Shallow whole genome sequencing is well suited for the detection of chromosomal aberrations in human blastocysts

Objective To add evidence that massive parallel sequencing (MPS) is a valuable substitute for array comparative genomic hybridization (arrayCGH) with a resolution that is more appropriate for preimplantation genetic diagnosis (PGD) in translocation carriers. Design Study of diagnostic accuracy. Setting University hospital. Patient(s) Fifteen patients with a balanced structural rearrangement were included in the study: eight reciprocal translocations, four Robertsonian translocations, two inversions, and one insertional translocation. Intervention(s) Trophectoderm biopsy was performed on 47 blastocysts.
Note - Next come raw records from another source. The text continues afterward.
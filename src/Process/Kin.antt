-- ===== src/Process/Kin.antt =====
-- What most calls of student-distrib/syscall.c keep of the processes: who they are, whose children, where
-- they were interrupted, which slots are used and which terminal runs what.
use unix_operation_system.Prelude.{
  ℕ, ◌≡◌, ◌≢◌, ap, ◌==◌, refl, ◌∙◌, arith, update, Bool-cases, inl, inr,
}
use unix_operation_system.State.{Kernel, Pcb, FdEntry, Terminal}
use unix_operation_system.Syscall.{with_entry, current}
use unix_operation_system.Syscall.Table.{IsValid, is_device}
use unix_operation_system.Process.{drop_flag}

-- The number of a process, its parent and the registers with which the scheduler left it
pub record Identity : Type 0 where
  pub pid : ℕ
  pub parent_pcb : ℕ
  pub current_ebp : ℕ
  pub current_esp : ℕ

abbrev pub identity : Pcb → Identity
identity p = record {
  pid = p.pid;
  parent_pcb = p.parent_pcb;
  current_ebp = p.current_ebp;
  current_esp = p.current_esp;
}

pub record Kin (k k' : Kernel) : Type 0 where
  pub blocks : (p : ℕ) → identity (k'.pcb p) ≡ identity (k.pcb p)
  pub counter : k'.pcb_counter ≡ k.pcb_counter
  pub running : (t : ℕ) → (k'.terminal t).running_pcb ≡ (k.terminal t).running_pcb
  pub term : k'.running_term ≡ k.running_term
  pub pointer : k'.current_pcb_pointer ≡ k.current_pcb_pointer
  -- a table of descriptors that is valid stays so
  pub tables : (p : ℕ) → IsValid (k.pcb p).fd_entry → IsValid (k'.pcb p).fd_entry

pub Kin-same : (k : Kernel) → Kin k k
Kin-same k = record {
  blocks = λ p. refl;
  counter = refl;
  running = λ t. refl;
  term = refl;
  pointer = refl;
  tables = λ p v. v;
}

pub Kin-trans : {k k' k'' : Kernel} → Kin k k' → Kin k' k'' → Kin k k''
Kin-trans a b = record {
  blocks = λ p. b.blocks p ∙ a.blocks p;
  counter = b.counter ∙ a.counter;
  running = λ t. b.running t ∙ a.running t;
  term = b.term ∙ a.term;
  pointer = b.pointer ∙ a.pointer;
  tables = λ p v. b.tables p (a.tables p v);
}

-- Another block, or another terminal, is put in the place of one that agrees with it.
pub same_identity :
    (pcb : ℕ → Pcb) (p : ℕ) (b : Pcb)
    → identity b ≡ identity (pcb p)
    → (q : ℕ) → identity (update pcb p b q) ≡ identity (pcb q)
same_identity pcb p b e q = ground (arith, e)

pub same_running :
    (terminal : ℕ → Terminal) (u : ℕ) (b : Terminal)
    → b.running_pcb ≡ (terminal u).running_pcb
    → (t : ℕ) → (update terminal u b t).running_pcb ≡ (terminal t).running_pcb
same_running terminal u b e t = ground (arith, e)

-- An entry is replaced by one with the same operations, and no free one is taken.
pub kept_entry :
    (t : ℕ → FdEntry) (fd : ℕ) (e : FdEntry)
    → e.fot_ptr ≡ (t fd).fot_ptr
    → (e.flag ≢ 0 → (t fd).flag ≢ 0)
    → IsValid t
    → IsValid (update t fd e)
kept_entry t fd e same used v = record {
  stdin = ground (arith, v.stdin, same);
  stdout = ground (arith, v.stdout, same);
  others = λ i lo hi in_use. elim (Bool-cases (i == fd)) [
    | inl here ↦
        let is : i ≡ fd = ground (arith, here) in
        rw here
          (ap is_device same ∙ v.others fd (rw is at lo) (rw is at hi) (used (rw here at in_use)))
    | inr there ↦ rw there (v.others i lo hi (rw there at in_use))
  ];
}

-- The table of a process is replaced.
pub same_tables :
    (pcb : ℕ → Pcb) (p : ℕ) (b : Pcb)
    → (IsValid (pcb p).fd_entry → IsValid b.fd_entry)
    → (q : ℕ) → IsValid (pcb q).fd_entry
    → IsValid (update pcb p b q).fd_entry
same_tables pcb p b keeps q v = elim (Bool-cases (q == p)) [
  | inl here ↦ let is : q ≡ p = ground (arith, here) in rw here (keeps (rw is at v))
  | inr there ↦ rw there v
]

pub with_entry-Kin :
    (k : Kernel) (fd : ℕ) (e : FdEntry)
    → (IsValid (current k).fd_entry → IsValid (update (current k).fd_entry fd e))
    → Kin k (with_entry k fd e)
with_entry-Kin k fd e keeps = record {
  blocks = same_identity k.pcb k.current_pcb_pointer _ refl;
  counter = refl;
  running = λ t. refl;
  term = refl;
  pointer = refl;
  tables = same_tables k.pcb k.current_pcb_pointer _ keeps;
}

pub drop_flag-Kin : (k : Kernel) (p i : ℕ) → Kin k (drop_flag k p i)
unfolding drop_flag
drop_flag-Kin k p i = record {
  blocks = same_identity k.pcb p _ refl;
  counter = refl;
  running = λ t. refl;
  term = refl;
  pointer = refl;
  tables = same_tables k.pcb p _ (kept_entry (k.pcb p).fd_entry i _ refl (λ h. absurd (h refl)));
}

-- No block of a process is touched.
pub same_blocks :
    {k k' : Kernel}
    → k'.pcb ≡ k.pcb
    → ((t : ℕ) → (k'.terminal t).running_pcb ≡ (k.terminal t).running_pcb)
    → k'.pcb_counter ≡ k.pcb_counter
    → k'.running_term ≡ k.running_term
    → k'.current_pcb_pointer ≡ k.current_pcb_pointer
    → Kin k k'
same_blocks pcb running counter term pointer = record {
  blocks = λ p. rw pcb refl;
  counter = counter;
  running = running;
  term = term;
  pointer = pointer;
  tables = λ p v. rw pcb v;
}

-- Nothing of what `Kin` compares is touched.
pub untouched :
    {k k' : Kernel}
    → k'.pcb ≡ k.pcb
    → k'.terminal ≡ k.terminal
    → k'.pcb_counter ≡ k.pcb_counter
    → k'.running_term ≡ k.running_term
    → k'.current_pcb_pointer ≡ k.current_pcb_pointer
    → Kin k k'
untouched pcb terminal counter term pointer =
    same_blocks pcb (λ t. rw terminal refl) counter term pointer

-- The terminal `u` is replaced by one that runs the same process.
pub one_terminal :
    {k k' : Kernel} (u : ℕ) (b : Terminal)
    → b.running_pcb ≡ (k.terminal u).running_pcb
    → k'.terminal ≡ update k.terminal u b
    → k'.pcb ≡ k.pcb
    → k'.pcb_counter ≡ k.pcb_counter
    → k'.running_term ≡ k.running_term
    → k'.current_pcb_pointer ≡ k.current_pcb_pointer
    → Kin k k'
one_terminal {k} u b e terminal pcb counter term pointer =
    same_blocks pcb (λ t. rw terminal (same_running k.terminal u b e t)) counter term pointer
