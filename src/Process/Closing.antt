-- ===== src/Process/Closing.antt =====
-- sys_halt of student-distrib/syscall.c closes descriptors.
use unix_operation_system.Prelude.{
  ℕ, zero, suc, ◌+◌, ◌≤◌, ◌<◌, ◌≡◌, refl, ◌∙◌, inl, inr, arith, true, Bool-cases, le→ltb, ap, ◌&&◌,
  ◌==◌, if◌then◌else◌,
}
use unix_operation_system.Prelude.Int.{ℤ, pos, fail}
use unix_operation_system.State.{
  Kernel, FileOps, null, rtc_op, file_op, dir_op, terminal_stdin, terminal_stdout,
}
use unix_operation_system.Syscall.{current, entry, with_entry, fd_min, fd_max}
use unix_operation_system.Syscall.Calls.{Outcome, returned, sys_close, call_close}
use unix_operation_system.Syscall.Table.{IsValid, is_device, with_entry-IsValid}
use unix_operation_system.Process.Kin.{
  Kin, Kin-same, Kin-trans, with_entry-Kin, kept_entry, drop_flag-Kin,
}
use unix_operation_system.Process.{and_then, drop_flag, close_loop}

call_close-device :
    (f : FileOps) (k : Kernel) (fd : ℤ)
    → is_device f ≡ true
    → (r : ℤ) × (call_close f k fd ≡ returned r k)
unfolding is_device call_close
call_close-device null k fd d = absurd (ground (arith, d))
call_close-device rtc_op k fd d = (_, refl)
call_close-device file_op k fd d = (_, refl)
call_close-device dir_op k fd d = (_, refl)
call_close-device terminal_stdin k fd d = absurd (ground (arith, d))
call_close-device terminal_stdout k fd d = absurd (ground (arith, d))

-- The table of the current process is valid, and its descriptors from 2 up to `i` are free.
pub record FreeBelow (i : ℕ) (k : Kernel) : Type 0 where
  pub valid : IsValid (current k).fd_entry
  pub free : (j : ℕ) → fd_min ≤ j → j < i → (entry k j).flag ≡ 0

drop_flag-fot_ptr :
    (k : Kernel) (p i j : ℕ) → (entry (drop_flag k p i) j).fot_ptr ≡ (entry k j).fot_ptr
unfolding drop_flag
drop_flag-fot_ptr k p i j = ground arith

drop_flag-flag :
    (k : Kernel) (p i j : ℕ)
    → (entry (drop_flag k p i) j).flag
      ≡ (if (k.current_pcb_pointer == p) && (j == i) then 0 else (entry k j).flag)
unfolding drop_flag
drop_flag-flag k p i j = ground arith

drop_flag-FreeBelow : (k : Kernel) (p i : ℕ) {n : ℕ} → FreeBelow n k → FreeBelow n (drop_flag k p i)
drop_flag-FreeBelow k p i v = record {
  valid = record {
    stdin = drop_flag-fot_ptr k p i 0 ∙ v.valid.stdin;
    stdout = drop_flag-fot_ptr k p i 1 ∙ v.valid.stdout;
    others = λ j lo hi used.
        ap is_device (drop_flag-fot_ptr k p i j)
        ∙ v.valid.others j lo hi (λ z. used (ground (arith, z, drop_flag-flag k p i j)));
  };
  free = λ j lo hi. ground (arith, drop_flag-flag k p i j, v.free j lo hi);
}

drop_flag-exception : (k : Kernel) (p i : ℕ) → (drop_flag k p i).exception_flag ≡ k.exception_flag
unfolding drop_flag
drop_flag-exception k p i = refl

-- One more descriptor is closed by a call that returns.
record Closed (i : ℕ) (k k' : Kernel) (o : Outcome) : Type 0 where
  result : ℤ
  returns : o ≡ returned result k'
  free : FreeBelow (i + 1) k'
  flag : k'.exception_flag ≡ k.exception_flag
  kin : Kin k k'

sys_close-Closed :
    (i : ℕ) (k : Kernel)
    → FreeBelow i k
    → fd_min ≤ i
    → i ≤ fd_max
    → (k' : Kernel) × Closed i k k' (sys_close k (pos i))
unfolding sys_close
sys_close-Closed i k v lo hi = elim (Bool-cases ((entry k i).flag == 0)) [
  | inl e ↦ (
    k,
    record {
      result = fail;
      returns = rw (le→ltb i 2 lo, le→ltb 7 i hi, e) refl;
      free = record {
        valid = v.valid;
        free = λ j a b. elim (Bool-cases (j == i)) [
          | inl q ↦ ground (arith, q, e)
          | inr q ↦ v.free j a (ground (arith, q, b))
        ];
      };
      kin = Kin-same k;
      flag = refl;
    },
  )
  | inr e ↦
      let device = v.valid.others i lo hi (ground (arith, e)) in
      let closed = with_entry k i (record (entry k i) { flag = 0 }) in
      let c = call_close-device (entry k i).fot_ptr closed (pos i) device in
      (
        closed,
        record {
          result = c.0;
          returns = rw (le→ltb i 2 lo, le→ltb 7 i hi, e) c.1;
          free = record {
            valid = with_entry-IsValid k i _ v.valid lo (λ h. absurd (h refl));
            free = λ j a b. elim (Bool-cases (j == i)) [
              | inl q ↦ ground (arith, q)
              | inr q ↦ ground (arith, q, v.free j a (ground (arith, q, b)))
            ];
          };
          flag = refl;
          kin =
              with_entry-Kin k i (record (entry k i) { flag = 0 })
                (kept_entry (current k).fd_entry i _ refl (λ h. absurd (h refl)));
        },
      )
]

-- The loop has closed all descriptors of the current process.
pub record AllClosed (k k' : Kernel) (o : Outcome) : Type 0 where
  pub returns : o ≡ returned (pos 0) k'
  pub free : FreeBelow (fd_max + 1) k'
  pub flag : k'.exception_flag ≡ k.exception_flag
  pub kin : Kin k k'

pub close_loop-AllClosed :
    (n p i : ℕ) (k : Kernel)
    → i + n ≡ fd_max + 1
    → fd_min ≤ i
    → FreeBelow i k
    → (k' : Kernel) × AllClosed k k' (close_loop n p i k)
unfolding close_loop and_then
close_loop-AllClosed zero p i k sum lo v =
    let at : i ≡ fd_max + 1 = omega arith in
    (
      k,
      record {
        returns = refl;
        free = record { valid = v.valid; free = λ j a b. v.free j a (omega arith) };
        kin = Kin-same k;
        flag = refl;
      },
    )
close_loop-AllClosed (suc n) p i k sum lo v =
    let c = sys_close-Closed i k v lo (omega arith) in
    let rest =
      close_loop-AllClosed n p (i + 1) (drop_flag c.0 p i) (omega arith) (omega arith)
        (drop_flag-FreeBelow c.0 p i c.1.free) in
    (
      rest.0,
      record {
        returns = rw c.1.returns rest.1.returns;
        free = rest.1.free;
        flag = rest.1.flag ∙ drop_flag-exception c.0 p i ∙ c.1.flag;
        kin = Kin-trans c.1.kin (Kin-trans (drop_flag-Kin c.0 p i) rest.1.kin);
      },
    )
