-- ===== src/Process/Halt.antt =====
-- The end of a process: sys_halt of student-distrib/syscall.c.
use unix_operation_system.Prelude.{
  ℕ, ◌-◌, ◌%◌, ◌≤◌, ◌≡◌, ◌≢◌, false, refl, ◌∙◌, arith, each_branch, ◌==◌, if◌then◌else◌, update,
}
use unix_operation_system.Prelude.Int.{pos}
use unix_operation_system.State.{Kernel, Terminal}
use unix_operation_system.Syscall.{current, entry, fd_min, fd_max}
use unix_operation_system.Syscall.Calls.{Outcome, returned, unending, null_used}
use unix_operation_system.Syscall.Table.{IsValid}
use unix_operation_system.Process.Kin.{identity, same_running, same_identity}
use unix_operation_system.Process.Closing.{close_loop-AllClosed}
use unix_operation_system.Process.{
  close_loop, leave, retire, left_terminal, cleared_pcb, conclude, restart, same_int, sys_halt,
  Halted, restarted, resumed, not_ended,
}

-- sys_halt ends with a new base shell or in the parent, in the state `k'`.
pub data EndsIn (k' : Kernel) : Halted → Type 0 where
  shell : EndsIn k' (restarted k')
  parent : (status ebp esp : ℕ) → EndsIn k' (resumed status ebp esp k')

-- What a process that ends leaves behind: its slot is free and no other has changed, its parent is
-- the current process and that of the terminal, the other terminals have theirs and all processes are
-- who they were, and the descriptors from 2 to 7 of the parent are closed.
pub record Left (k k' : Kernel) : Type 0 where
  pub slot : k'.pcb_counter ≡ update k.pcb_counter ((current k).pid - 1) 0
  pub pointer : k'.current_pcb_pointer ≡ (current k).parent_pcb
  pub running :
      (t : ℕ)
      → (k'.terminal t).running_pcb
        ≡ (if t == k.running_term then (current k).parent_pcb else (k.terminal t).running_pcb)
  pub term : k'.running_term ≡ k.running_term
  pub blocks : (p : ℕ) → identity (k'.pcb p) ≡ identity (k.pcb p)
  pub closed : (j : ℕ) → fd_min ≤ j → j ≤ fd_max → (entry k' j).flag ≡ 0
  pub flag : k.exception_flag ≡ 1 → k'.exception_flag ≡ 0
  -- a valid table of another process stays valid
  pub tables :
      (q : ℕ) → q ≢ k.current_pcb_pointer → IsValid (k.pcb q).fd_entry → IsValid (k'.pcb q).fd_entry

left_terminal-running_pcb : (t : Terminal) → (left_terminal t).running_pcb ≡ t.running_pcb
unfolding left_terminal
left_terminal-running_pcb t = refl

retire-Left : (k k' : Kernel) → Left k k' → Left k (retire k.current_pcb_pointer k')
unfolding retire
retire-Left k k' l =
    let p = k.current_pcb_pointer in
    record {
      slot = l.slot;
      pointer = l.pointer;
      running = λ t.
          same_running k'.terminal k'.running_term (left_terminal (k'.terminal k'.running_term))
            (left_terminal-running_pcb (k'.terminal k'.running_term)) t
          ∙ l.running t;
      term = l.term;
      blocks = λ q. same_identity k'.pcb p (cleared_pcb (k'.pcb p)) refl q ∙ l.blocks q;
      closed = λ j lo hi. ground (arith, l.closed j lo hi, lo);
      tables =
          λ q ne v. let other : q == p ≡ false = ground (arith, ne) in rw other (l.tables q ne v);
      flag = l.flag;
    }

restart-Left : (k k' : Kernel) → Left k k' → Left k (restart k')
unfolding restart
restart-Left k k' l = record {
  slot = l.slot;
  pointer = l.pointer;
  running = λ t. same_running k'.terminal k'.running_term _ refl t ∙ l.running t;
  term = l.term;
  blocks = l.blocks;
  closed = l.closed;
  tables = l.tables;
  flag = l.flag;
}

conclude-Left :
    (status : ℕ) (k k' : Kernel)
    → Left k k'
    → (end : Kernel) × (EndsIn end (conclude status k.current_pcb_pointer (returned (pos 0) k'))
        × Left k end)
unfolding conclude
conclude-Left status k k' l =
    let p = k.current_pcb_pointer in
    let r = retire-Left k k' l in
    let last = retire p k' in
    let ebp = (last.pcb p).saved_ebp in
    let esp = (last.pcb p).saved_esp in
    each_branch (λ (h : Halted). (end : Kernel) × (EndsIn end h × Left k end))
      (same_int (last.terminal last.running_term).task_counter (pos 0))
      {x = restarted (restart last)} {y = resumed status ebp esp last}
      (λ e. (restart last, (shell, restart-Left k last r)))
      (λ e. (last, (parent status ebp esp, r)))

-- When the table of the parent is valid, sys_halt ends, with a new base shell or in the parent: the
-- slot of the process is free and no other slot has changed, the parent is the current process, and
-- the descriptors from 2 to 7 that are closed are those of the parent, whatever it had open; every other
-- valid table stays valid, and the flag of an exception is taken back.
pub sys_halt-Left :
    (k : Kernel) (status : ℕ)
    → IsValid (k.pcb (current k).parent_pcb).fd_entry
    → (end : Kernel) × (EndsIn end (sys_halt k status) × Left k end)
unfolding sys_halt leave
sys_halt-Left k status v =
    let loop =
      close_loop-AllClosed 6 k.current_pcb_pointer fd_min (leave k) refl (omega arith)
        (record { valid = v; free = λ j a b. absurd (omega (arith, a, b)) }) in
    rw loop.1.returns (
      conclude-Left _ k loop.0 (record {
        slot = loop.1.kin.counter;
        pointer = loop.1.kin.pointer;
        running = λ t. loop.1.kin.running t ∙ ground arith;
        term = loop.1.kin.term;
        blocks = loop.1.kin.blocks;
        closed = λ j lo hi. loop.1.free.free j lo (omega arith);
        tables = λ q ne v. loop.1.kin.tables q v;
        flag = λ h. loop.1.flag ∙ ground (arith, h);
      }))

-- If the parent goes on, its sys_execute returns `status`.
pub data Reports (status : ℕ) : Halted → Type 0 where
  shell : (k' : Kernel) → Reports status (restarted k')
  parent : (ebp esp : ℕ) (k' : Kernel) → Reports status (resumed status ebp esp k')
  stuck : (o : Outcome) → Reports status (not_ended o)

conclude-Reports : (status p : ℕ) (o : Outcome) → Reports status (conclude status p o)
unfolding conclude
conclude-Reports status p (returned r k) =
    let k' = retire p k in
    let ebp = (k'.pcb p).saved_ebp in
    let esp = (k'.pcb p).saved_esp in
    each_branch (Reports status) (same_int (k'.terminal k'.running_term).task_counter (pos 0))
      {x = restarted (restart k')} {y = resumed status ebp esp k'} (λ e. Reports.shell (restart k'))
      (λ e. Reports.parent ebp esp k')
conclude-Reports status p unending = Reports.stuck unending
conclude-Reports status p null_used = Reports.stuck null_used

pub sys_halt-Reports :
    (k : Kernel) (status : ℕ)
    → Reports (if k.exception_flag == 1 then 256 else status % 256) (sys_halt k status)
unfolding sys_halt
sys_halt-Reports k status =
    conclude-Reports (if k.exception_flag == 1 then 256 else status % 256) k.current_pcb_pointer
      (close_loop 6 k.current_pcb_pointer fd_min (leave k))

-- The end state is determined.
pub EndsIn-unique : {k k' : Kernel} {h : Halted} → EndsIn k h → EndsIn k' h → k ≡ k'
EndsIn-unique EndsIn.shell EndsIn.shell = refl
EndsIn-unique (EndsIn.parent status ebp esp) (EndsIn.parent status' ebp' esp') = refl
Main Outcome Measure(s) In the current study, shallow whole genome MPS on a NextSeq500 (Illumina) and Ion Proton (Life Technologies) instrument was performed in parallel on 47 whole genome amplified trophectoderm samples. Data analyses were performed using the QDNAseq algorithm implemented in Vivar. Result(s) In total, 5 normal and 42 abnormal embryos were analyzed. All aberrations previously detected with arrayCGH could be readily detected in the MPS data using both technologies and were correctly identified. The smallest detected abnormality was a ∼4.5 Mb deletion/duplication. Conclusion(s) This study demonstrates that shallow whole genome sequencing can be applied efficiently for the detection of numerical and structural chromosomal aberrations in embryos, equaling or even exceeding the resolution of the routinely used microarrays.